Are Professional Certifications Worth It?

Okay, I know all professional credentials are not in the opinions. I know that there are very real and necessary authorities in the IT world and in many other professions that are absolutely essential to show that you have the knowledge to perform the job at the level needed to be successful. And even if that’s not exactly the case – meaning your experience and knowledge will lead you without certification – you still need it to even be considered a practical work option. Period.

But do you ever feel that your certification does not serve you? Have you spent all that money and job offers still not flowing? Or maybe it’s the other way around. You do not have the certification, but you have the experience and yet you are cleared early in the job search process because you lack the preferred certification. Welcome to the world of job hunting where authority seems to be through human resources (HR) to say, “I’m going to go through this job search process!” Seriously, sometimes I think authority is the way human resources press the ‘easy button’.

I decided to ask a number of questions related to project management, IT and business people in general. I was looking for answers to the following questions in order to gain an understanding of the perceived, or even actual, value of career prospects and job searches of the respondent. The questions were:

  • Do you have a professional certification? If so, which certificate?
  • Has it benefited your career or job search?
  • Are there any certifications that you think are particularly necessary?
  • Anyone who is useless versus experienced?
  • Finally, please make any comments you would like regarding credentials versus real-world work experience that you feel very strongly about.

The answers to the first four questions are intended to provide industry-specific information and certification to compare the answers to the last question. What I found is that it really does not matter what industry or certification someone held, the general feelings about certification were still the same. The real relevance – for the purpose of this article – was the answers to the last question … how do you feel the credentials match the work experience in the real world.

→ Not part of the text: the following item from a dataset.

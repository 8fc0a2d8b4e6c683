-- ===== src/State/Safety/Undisturbed.antt =====
-- A restore that no fault stops.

Here are some anonymous and anonymous quotes I received from the survey:

  • Most of the approvals are nice to receive, but they should not be taken seriously. “
  • Professional certification without experience is stupid … “
  • The authorities will go through the process of sorting human resources … “
  • Experience is important, but certification opens the door … “
  • Nobody asked for my credentials … better experience … “
  • The certification helped with knowledge, but not with a salary or getting a better job … “
  • The certifications are for human resources … because it is easy to deny candidates instead of focusing on their experience. “
  • I believe all approvals are nothing more than official. They will help “direct” you to the subject, but they are nothing compared to a real-world experience. “
  • I feel that authority is just another key word for excluding job applicants. “
  • I think the authority is a year or more behind the real-world job skills. “
  • Many certifications become products and reduce their value … Some of Microsoft’s certifications went this way. Anyone can get it by reading a book and writing the exam without experience. “Certification without related tangible experience is meaningless.”

This last one sums up my opinion quite well. My soapbox was Project Management Certification (PMP). I have worked with many project managers without PMP certification and some with certification. The experienced project manager who lacks PMP certification has proven to be more competent and successful than the less experienced project manager, who has PMP certification each time.

Due to the low requirements to pass the exam (61% correct answers) and the minimum experience required to be able to take the exam (35 hours PM training and 4500 hours real work experience PM), require specifically from a candidate whether PMP even be considered a project management position automatically leaves candidates Highly experienced and qualified. This is a lazy recruitment process and it means that the organization will not recruit the best candidate available.

However, I think the majority will agree that you have spent time, money and energy to prepare and obtain any certification that is relevant – perhaps even helpful – to the career you have chosen showing a certain level of dedication and perseverance. It can also help align the playground in terms of similar opinions and consistent vocabulary among project colleagues and teammates.

In today’s job market with high unemployment, low salaries and about five unemployed job seekers for every vacancy, human resources departments need to do something to sift through the masses of resumes and candidates they face while filtering for every job. For certain specific areas – including many in the IT industry – certifications can become an easy (though slightly misleading) way to sort the piles of applications and resumes sent by email to reach some manageable ones. Especially.and yes, probably the best candidate for the job in many cases.but you have to hang your hat on something and for human resources this is usually the required certification.

Finally, one respondent in the survey summed it up well when he stated …

  • “Experience plus certification is much better. Usually an experienced person with certification shows that he is at least trying to touch on various aspects of his field.”

Receiving the certification indicates effort and dedication to your field. Looking at them from the job applicant’s point of view, trying to differentiate themselves from the rest of the field, it’s one thing they can take into their own hands and perhaps win a valuable place in this final pool of candidates.